ABOUT THIS TASK: As the answer, set down the lines below from the one containing "let same : zone_info_of" through the one containing "(offer : Option ZoneInfo)", exactly and inclusively, and no others.

---- DATA FOR THIS TASK

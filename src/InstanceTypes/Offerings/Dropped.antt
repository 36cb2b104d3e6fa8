-- ===== src/InstanceTypes/Offerings/Dropped.antt =====
-- A NodePool that names its zones: an instance type that is out of stock in them is not returned at all.
use mathlib.Core.List.{Memᴰ}
use mathlib.Core.Path.{subst}
use karpenter_provider_aliba.Prelude.{
  All, Bool-cases, Distinct, List, Option, Option-cases, String, [], ap, arith, err, false,
  if_intro, if◌then◌else◌, inl, inr, is_empty, keys, lookup, lookup-none_of_not-member, none, ok,
  ok_injective, refl, some, str_eq, str_eq_iff, str_eq_refl, sym, true, ◌∙◌, ◌∷◌, ◌≡◌, ◌≢◌,
}
use karpenter_provider_aliba.InstanceTypes.{InstanceType, ZoneInfo}
use karpenter_provider_aliba.InstanceTypes.Convert.{EcsInstanceType}
use karpenter_provider_aliba.InstanceTypes.Filter.{
  InstanceTypeOperator, InstanceTypeRequirement, attribute_of, convert_operator,
  convert_requirements, filter_instance_types_by_requirements, filter_types, is_available_in,
  is_available_in_one, it_in, matches_all, matches_attribute, matches_requirement,
  matches_zone_requirement,
}
use karpenter_provider_aliba.InstanceTypes.Inventory.{
  AvailableZone, CapacityTypes, Stock, inventory_of,
}
use karpenter_provider_aliba.InstanceTypes.Inventory.Distinct.{
  HasDistinctTypes, inventory_of-Distinct,
}
use karpenter_provider_aliba.InstanceTypes.Inventory.Seen.{stock_at}
use karpenter_provider_aliba.InstanceTypes.Listing.{
  it_zones, listed_types, with_stock, zone_info_of, zone_offer,
}
use karpenter_provider_aliba.InstanceTypes.Offerings.{
  CoreInstanceType, TypeSettings, available_zones_of, no_instance_types, offered_type,
  offered_types, types_result,
}
use karpenter_provider_aliba.InstanceTypes.Offerings.Exact.{
  FromStock, listed_types-FromStock, offered_type-fields,
}
use karpenter_provider_aliba.InstanceTypes.Offerings.Known.{find_type, instance_type_not_found}
use karpenter_provider_aliba.Launch.Requirements.{Requirement, op_in}
use karpenter_provider_aliba.NodeClass.{VSwitch}
use karpenter_provider_aliba.NodeClass.Labels.{label_topology_zone}

-- No capacity type of the instance type has stock in the zone.
abbrev pub IsOutOfStock : Stock → String → String → Type 0
IsOutOfStock inventory name zone =
    (ct : String) → lookup ct (stock_at name zone inventory) ≢ some true

not_available :
    (types : CapacityTypes)
    → Distinct (keys types)
    → ((ct : String) → lookup ct types ≢ some true)
    → (zone_info_of types).available ≡ false
unfolding zone_info_of with_stock lookup
not_available [] d h = refl
not_available ((ct, true) ∷ types) d h = absurd (h ct (ground (arith, str_eq_refl ct)))
not_available ((ct, false) ∷ types) d h = not_available types d.1 λ other e.
    h other (ground (arith, lookup-none_of_not-member ct types d.0, str_eq_iff ct other, e))

zone_offer-unavailable :
    (name zone : String) (inventory : Stock) (info : ZoneInfo)
    → HasDistinctTypes inventory
    → IsOutOfStock inventory name zone
    → zone_offer name zone (some inventory) ≡ some info
    → info.available ≡ false
unfolding zone_offer
zone_offer-unavailable name zone inventory info d h e =
    elim (Option-cases (lookup name inventory)) [
      | inl n ↦ absurd (ground (arith, rw (n, zone_offer) at e))
      | inr (inv_zones, n) ↦ elim (Option-cases (lookup zone inv_zones)) [
        | inl k ↦ absurd (ground (arith, rw (n, k, zone_offer) at e))
        | inr (types, k) ↦
            let made : some (zone_info_of types) ≡ some info = rw (n, k, zone_offer) at e in
            let at : stock_at name zone inventory ≡ types = rw (n, k) refl in
            let closed = not_available (stock_at name zone inventory) (d name zone) h in
            let same : zone_info_of types ≡ info = cc in
            ap (λ (o : ZoneInfo). o.available) (sym same)
            ∙ (ap (λ (x : CapacityTypes). (zone_info_of x).available) (sym at) ∙ closed)
      ]
    ]

is_available_in-it_zones :
    (name zone : String) (inventory : Stock) (zones : List (String × ZoneInfo))
    → HasDistinctTypes inventory
    → IsOutOfStock inventory name zone
    → is_available_in zone (it_zones name (some inventory) zones) ≡ false
unfolding is_available_in it_zones lookup
is_available_in-it_zones name zone inventory [] d h = refl
is_available_in-it_zones name zone inventory ((z, info) ∷ zones) d h =
    let rest = is_available_in-it_zones name zone inventory zones d h in
    if_intro (λ m. is_available_in zone m ≡ false) info.available _ _
      (λ k. entry rest (zone_offer name z (some inventory)) λ o e same.
        zone_offer-unavailable name zone inventory o d h
          (ap (λ x. zone_offer name x (some inventory)) (sym ((str_eq_iff z zone).0 same)) ∙ e))
      λ k. rest
  where
    entry :
        is_available_in zone (it_zones name (some inventory) zones) ≡ false
        → (offer : Option ZoneInfo)
        → ((o : ZoneInfo) → offer ≡ some o → str_eq z zone ≡ true → o.available ≡ false)
        → is_available_in zone (elim offer [
          | none ↦ it_zones name (some inventory) zones
          | some o ↦ (z, o) ∷ it_zones name (some inventory) zones
        ])
          ≡ false
    entry rest none f = rest
    entry rest (some o) f = ground (arith, f o refl)

is_available_in_one-it_zones :
    (name : String) (values : List String) (inventory : Stock) (zones : List (String × ZoneInfo))
    → HasDistinctTypes inventory
    → All (IsOutOfStock inventory name) values
    → is_available_in_one values (it_zones name (some inventory) zones) ≡ false
unfolding is_available_in_one
is_available_in_one-it_zones name [] inventory zones d h = refl
is_available_in_one-it_zones name (v ∷ values) inventory zones d h =
    rw (is_available_in-it_zones name v inventory zones d h.0)
      (is_available_in_one-it_zones name values inventory zones d h.1)

matches_all-refused :
    (region : String) (t : InstanceType) (req : InstanceTypeRequirement)
    (reqs : List InstanceTypeRequirement)
    → Memᴰ req reqs
    → matches_requirement region t req ≡ false
    → matches_all region t reqs ≡ false
unfolding matches_all
matches_all-refused region t req [] m h = elim m [ ]
matches_all-refused region t req (r ∷ reqs) (Memᴰ.head e) h =
    rw (ap (matches_requirement region t) (sym e) ∙ h) refl
matches_all-refused region t req (r ∷ reqs) (Memᴰ.tail m) h =
    ground (arith, matches_all-refused region t req reqs m h)

-- The requirement of a NodePool for its zones.
abbrev pub zones_required : List String → Requirement
zones_required values = record { key = label_topology_zone; operator = op_in; values = values }

abbrev zone_requirement : List String → InstanceTypeRequirement
zone_requirement values = record { key = label_topology_zone; operator = it_in; values = values }

convert_requirements-zones :
    (values : List String) (requirements : List Requirement)
    → Memᴰ (zones_required values) requirements
    → Memᴰ (zone_requirement values) (convert_requirements requirements)
unfolding convert_requirements
convert_requirements-zones values [] m = elim m [ ]
convert_requirements-zones values (r ∷ requirements) (Memᴰ.head e) =
    subst (λ x. Memᴰ (zone_requirement values) (convert_requirements (x ∷ requirements))) e
      (Memᴰ.head refl)
convert_requirements-zones values (r ∷ requirements) (Memᴰ.tail m) =
    behind (convert_operator r.operator) (convert_requirements-zones values requirements m)
  where
    behind :
        (o : Option InstanceTypeOperator)
        → Memᴰ (zone_requirement values) (convert_requirements requirements)
        → Memᴰ (zone_requirement values) (elim o [
          | none ↦ convert_requirements requirements
          | some operator ↦
              record { key = r.key; operator = operator; values = r.values }
              ∷ convert_requirements requirements
        ])
    behind none k = k
    behind (some operator) k = Memᴰ.tail k

module _ (zones : List (String × ZoneInfo)) (inventory : Stock) (name : String) where
  abbrev IsOther : InstanceType → Type 0
  IsOther t = str_eq t.name name ≡ false

  filter_types-IsOther :
      (region : String) (its : List InstanceType) (reqs : List InstanceTypeRequirement)
      → All (FromStock zones inventory) its
      → ((t : InstanceType)
          → FromStock zones inventory t
          → t.name ≡ name
          → matches_all region t reqs ≡ false)
      → All IsOther (filter_types region its reqs)
  unfolding filter_types
  filter_types-IsOther region [] reqs h fails = tt
  filter_types-IsOther region (t ∷ its) reqs h fails =
      let rest = filter_types-IsOther region its reqs h.1 fails in
      if_intro (All IsOther) (matches_all region t reqs) _ _
        (λ m. (
          elim (Bool-cases (str_eq t.name name)) [
            | inl same ↦ absurd (ground (arith, fails t h.0 ((str_eq_iff t.name name).0 same)))
            | inr other ↦ other
          ],
          rest,
        ))
        λ m. rest

  find_type-IsOther :
      (settings : TypeSettings) (available_zones : List String) (its : List InstanceType)
      → HasDistinctTypes inventory
      → All IsOther its
      → find_type name (offered_types settings available_zones its) ≡ none
  unfolding find_type offered_types
  find_type-IsOther settings available_zones [] d h = refl
  find_type-IsOther settings available_zones (t ∷ its) d h =
      entry (offered_type settings available_zones t)
        (λ c e. (offered_type-fields zones inventory settings available_zones d t c e).1)
        (find_type-IsOther settings available_zones its d h.1)
    where
      entry :
          (o : Option CoreInstanceType)
          → ((c : CoreInstanceType) → o ≡ some c → c.name ≡ t.name)
          → find_type name (offered_types settings available_zones its) ≡ none
          → find_type name (elim o [
            | none ↦ offered_types settings available_zones its
            | some c ↦ c ∷ offered_types settings available_zones its
          ])
            ≡ none
      entry none k rest = rest
      entry (some c) k rest =
          let other : str_eq c.name name ≡ false = ap (λ x. str_eq x name) (k c refl) ∙ h.0 in
          ground (arith, other, rest)

returned_types :
    (types offered : List CoreInstanceType)
    → (if is_empty types then err no_instance_types else ok types) ≡ ok offered
    → types ≡ offered
returned_types [] offered h = cc
returned_types (c ∷ cs) offered h = ok_injective h

not_found-missing :
    (name zone ct : String) (types : List CoreInstanceType)
    → find_type name types ≡ none
    → instance_type_not_found name zone ct types ≡ true
unfolding instance_type_not_found
not_found-missing name zone ct types h = ground arith

-- A NodePool that requires one of some zones, in none of which an instance type has stock: whatever
-- GetInstanceTypes returns does not have the instance type, so that the drift check finds it missing for
-- every zone and capacity type, also for those that the inventory knows.
pub types_result-dropped :
    (settings : TypeSettings) (zones : List (String × ZoneInfo))
    (on_demand spot : Option (List (Option AvailableZone))) (its : List (Option EcsInstanceType))
    (requirements : List Requirement) (vswitches : List VSwitch) (name : String)
    (values : List String) (offered : List CoreInstanceType)
    → Memᴰ (zones_required values) requirements
    → All (IsOutOfStock (inventory_of on_demand spot) name) values
    → types_result settings requirements vswitches
        (listed_types zones (some (inventory_of on_demand spot)) its)
      ≡ ok offered
    → (zone ct : String) → instance_type_not_found name zone ct offered ≡ true
unfolding types_result filter_instance_types_by_requirements matches_requirement attribute_of
    matches_attribute matches_zone_requirement instance_type_not_found
types_result-dropped settings zones on_demand spot its requirements vswitches name values offered m
      out returned zone ct =
    let inventory = inventory_of on_demand spot in
    let distinct = inventory_of-Distinct on_demand spot in
    let reqs = convert_requirements requirements in
    let fails : (t : InstanceType)
        → FromStock zones inventory t
        → t.name ≡ name
        → matches_all settings.region t reqs ≡ false =
      λ t f n.
        matches_all-refused settings.region t (zone_requirement values) reqs
          (convert_requirements-zones values requirements m)
          (ap (is_available_in_one values) (f ∙ ap (λ x. it_zones x (some inventory) zones) n)
            ∙ is_available_in_one-it_zones name values inventory zones distinct out) in
    let its' = filter_types settings.region (listed_types zones (some inventory) its) reqs in
    let others =
      filter_types-IsOther zones inventory name settings.region _ reqs
        (listed_types-FromStock zones inventory its) fails in
    let missing =
      find_type-IsOther zones inventory name settings (available_zones_of vswitches) its' distinct
        others in
    not_found-missing name zone ct offered
      (ap (find_type name) (sym (returned_types _ offered returned)) ∙ missing)
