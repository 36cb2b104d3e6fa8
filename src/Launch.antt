-- ===== src/Launch.antt =====
-- The launch of an instance in pkg/cloudprovider/cloudprovider.go.
pub mod Requirements
pub mod Tags
pub mod Options
pub mod Fallback
pub mod Tagged
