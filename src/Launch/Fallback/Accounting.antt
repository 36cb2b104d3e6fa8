-- ===== src/Launch/Fallback/Accounting.antt =====
-- A launch neither loses nor doubles an instance.
use karpenter_provider_aliba.Prelude.{
  Bool, List, Option, Outcome, String, [], ap, arith, err, inl, inr, length, none, ok, refl, some,
  suc, ℕ, ◌+◌, ◌∙◌, ◌∷◌, ◌≡◌,
}
use karpenter_provider_aliba.NodeClass.{VSwitch}
use karpenter_provider_aliba.Instance.{CreateOptions}
use karpenter_provider_aliba.Launch.Options.{}
use karpenter_provider_aliba.Launch.Fallback.{
  LaunchRequest, create_instance_with_retry, more_addresses,
}
use karpenter_provider_aliba.Launch.Fallback.Search.{
  Create, Verdict, exhausted, launched, rejected, response-cases, search, search-nil, search-ok,
  search-other, search-short,
}
use karpenter_provider_aliba.Launch.Fallback.Flat.{all_requests}
use karpenter_provider_aliba.Launch.Fallback.Cases.{
  SortLaws, create_instance_with_retry-search, launch_result, options,
}

-- What ECS documents of RunInstances for one instance: an answer with an ID stands for one instance
-- more, and an error for none. `live` counts the instances.
pub record CreateCounts {W : Type 0} (create : Create W) (live : W → ℕ) : Type 0 where
  pub counts_one :
      (opts : CreateOptions) (w : W) (id : String)
      → (create opts w).0 ≡ ok id
      → live (create opts w).1 ≡ suc (live w)
  pub counts_none :
      (opts : CreateOptions) (w : W) (e : String)
      → (create opts w).0 ≡ err e
      → live (create opts w).1 ≡ live w

abbrev pub created : {E : Type 0} → Outcome E String → ℕ
created (ok id) = 1
created (err e) = 0

abbrev created_by : Verdict → ℕ
created_by (launched id) = 1
created_by _ = 0

module _ {W : Type 0} (create : Create W) (live : W → ℕ) where
  search-count :
      CreateCounts create live
      → (last : Option String) (requests : List CreateOptions) (w : W)
      → let found = search create last requests w in live found.1 ≡ created_by found.0 + live w
  search-count counts last [] w = rw (search-nil create last w) (omega arith)
  search-count counts last (opts ∷ requests) w = elim (response-cases create opts w) [
    | inl (id, h) ↦
        rw (search-ok create last opts requests w id h)
          (omega (arith, counts.counts_one opts w id h))
    | inr (e, h, inl short) ↦ rw (search-short create last opts requests w e h short) (
        search-count counts (some e) requests (create opts w).1
        ∙ ap (◌+◌ (created_by (search create (some e) requests (create opts w).1).0))
            (counts.counts_none opts w e h))
    | inr (e, h, inr other) ↦
        rw (search-other create last opts requests w e h other)
          (omega (arith, counts.counts_none opts w e h))
  ]

  created-launch_result :
      (n : ℕ) (verdict : Verdict) → created_by verdict ≡ created (launch_result n verdict)
  created-launch_result n (launched id) = refl
  created-launch_result n (rejected e) = refl
  created-launch_result n (exhausted last) = refl

  -- If each answer of RunInstances with an ID stands for one instance more and each error for none, a
  -- launch that returns an ID adds exactly one instance, and one that returns an error adds none.
  pub create_instance_with_retry-created :
      CreateCounts create live
      → (sort_slice : (VSwitch → VSwitch → Bool) → List VSwitch → List VSwitch)
      → SortLaws sort_slice
      → (r : LaunchRequest) (w : W)
      → let (result, after) = create_instance_with_retry create sort_slice r w in
        live after ≡ created result + live w
  create_instance_with_retry-created counts sort_slice laws r w =
      elim (create_instance_with_retry-search create sort_slice laws r w) [
        | inl (e, h) ↦ rw h (omega arith)
        | inr (s, h) ↦
            let requests =
              all_requests (options r s) (sort_slice more_addresses r.vswitches) r.instance_types in
            let found = search create none requests w in
            rw h (
              search-count counts none requests w
              ∙ ap (λ n. n + live w) (created-launch_result (length r.instance_types) found.0))
      ]
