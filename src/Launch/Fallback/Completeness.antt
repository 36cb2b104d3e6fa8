-- ===== src/Launch/Fallback/Completeness.antt =====
-- A launch succeeds where it can.
use mathlib.Core.List.{Memᴰ}
use mathlib.Core.List.Memᴰ
use karpenter_provider_aliba.Prelude.{Bool, List, Outcome, String, err, false, ok, some, true, ◌≡◌}
use karpenter_provider_aliba.Errors.{is_insufficient_capacity_error}
use karpenter_provider_aliba.Instance.{CreateOptions}
use karpenter_provider_aliba.Instance.Create.{create}
use karpenter_provider_aliba.Launch.Fallback.Search.{Create}

abbrev pub is_ok : {E A : Type 0} → Outcome E A → Bool
is_ok (ok a) = true
is_ok (err e) = false

-- The cloud serves these options whatever state it is in.
abbrev pub Serves : {W : Type 0} → Create W → CreateOptions → Type 0
Serves {W} create opts = (w : W) → is_ok (create opts w).0 ≡ true

-- Every error that these options meet is a shortage of capacity.
abbrev pub OnlyShort : {W : Type 0} → Create W → CreateOptions → Type 0
OnlyShort {W} create opts =
    (w : W) (e : String)
    → (create opts w).0 ≡ err e
    → is_insufficient_capacity_error (some e) ≡ true
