-- ===== src/Launch/Fallback/Order.antt =====
-- The order of the requests of a launch.
use mathlib.Core.List.{Permᴰ, append-nil, append_assoc}
use karpenter_provider_aliba.Prelude.{
  Bool, List, Option, String, [], ap, err, inl, inr, none, refl, some, suc, sym, take, ℕ, ◌++◌, ◌∙◌,
  ◌∷◌, ◌≡◌, ◌⊎◌,
}
use karpenter_provider_aliba.NodeClass.{VSwitch}
use karpenter_provider_aliba.Instance.{CreateOptions}
use karpenter_provider_aliba.Launch.Options.{Refused}
use karpenter_provider_aliba.Launch.Fallback.{
  LaunchRequest, create_instance_with_retry, more_addresses, refused,
}
use karpenter_provider_aliba.Launch.Fallback.Search.{
  Create, response-cases, search, search-nil, search-ok, search-other, search-short,
}
use karpenter_provider_aliba.Launch.Fallback.Flat.{all_requests}
use karpenter_provider_aliba.Launch.Fallback.Cases.{
  Descending, SortLaws, Started, create_instance_with_retry-search, options,
}

-- A cloud that also keeps the requests it was sent, in order.
abbrev pub recording : {W : Type 0} → Create W → Create (List CreateOptions × W)
recording create opts (sent, w) =
    let (response, w') = create opts w in (response, (sent ++ (opts ∷ []), w'))

module _ {W : Type 0} (create : Create W) where
  search-sent :
      (last : Option String) (requests sent : List CreateOptions) (w : W)
      → (k : ℕ) × ((search (recording create) last requests (sent, w)).1.0
          ≡ sent ++ take k requests)
  search-sent last [] sent w =
      (0, rw (search-nil (recording create) last (sent, w)) (sym (append-nil sent)))
  search-sent last (opts ∷ requests) sent w =
      elim (response-cases (recording create) opts (sent, w)) [
        | inl (id, h) ↦
            (1, rw (search-ok (recording create) last opts requests (sent, w) id h) refl)
        | inr (e, h, inl short) ↦
            let (k, more) = search-sent (some e) requests (sent ++ (opts ∷ [])) (create opts w).1 in
            (
              suc k,
              rw (search-short (recording create) last opts requests (sent, w) e h short)
                  (more ∙ append_assoc sent (opts ∷ []) (take k requests)),
            )
        | inr (e, h, inr other) ↦
            (1, rw (search-other (recording create) last opts requests (sent, w) e h other) refl)
      ]

  -- A launch that is not refused before its first request sends the first `k` requests, for some `k`, of
  -- the list that goes through the instance types in order, and for each through all vSwitches by
  -- falling number of free addresses.
  pub create_instance_with_retry-sent :
      (sort_slice : (VSwitch → VSwitch → Bool) → List VSwitch → List VSwitch)
      → SortLaws sort_slice
      → (r : LaunchRequest) (w : W)
      → let (result, (sent, after)) =
          create_instance_with_retry (recording create) sort_slice r ([], w) in
        ((e : Refused) × (result ≡ err (refused e)) × (sent ≡ []))
        ⊎ ((s : Started r) × (vsws : List VSwitch) × Permᴰ r.vswitches vsws
            × Descending vsws
            × (k : ℕ) × (sent ≡ take k (all_requests (options r s) vsws r.instance_types)))
  create_instance_with_retry-sent sort_slice laws r w =
      elim (create_instance_with_retry-search (recording create) sort_slice laws r ([], w)) [
        | inl (e, h) ↦ inl (e, ap (λ p. p.0) h, ap (λ p. p.1.0) h)
        | inr (s, h) ↦
            let vsws = sort_slice more_addresses r.vswitches in
            let (k, sent) =
              search-sent none (all_requests (options r s) vsws r.instance_types) [] w in
            inr (
              s,
              vsws,
              laws.permutes r.vswitches,
              laws.descends r.vswitches,
              k,
              ap (λ p. p.1.0) h ∙ sent,
            )
      ]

--------

FINISHED TASK:
            let same : zone_info_of types ≡ info = cc in
            ap (λ (o : ZoneInfo). o.available) (sym same)
            ∙ (ap (λ (x : CapacityTypes). (zone_info_of x).available) (sym at) ∙ closed)
      ]
    ]

is_available_in-it_zones :
    (name zone : String) (inventory : Stock) (zones : List (String × ZoneInfo))
    → HasDistinctTypes inventory
    → IsOutOfStock inventory name zone
    → is_available_in zone (it_zones name (some inventory) zones) ≡ false
unfolding is_available_in it_zones lookup
is_available_in-it_zones name zone inventory [] d h = refl
is_available_in-it_zones name zone inventory ((z, info) ∷ zones) d h =
    let rest = is_available_in-it_zones name zone inventory zones d h in
    if_intro (λ m. is_available_in zone m ≡ false) info.available _ _
      (λ k. entry rest (zone_offer name z (some inventory)) λ o e same.
        zone_offer-unavailable name zone inventory o d h
          (ap (λ x. zone_offer name x (some inventory)) (sym ((str_eq_iff z zone).0 same)) ∙ e))
      λ k. rest
  where
    entry :
        is_available_in zone (it_zones name (some inventory) zones) ≡ false
        → (offer : Option ZoneInfo)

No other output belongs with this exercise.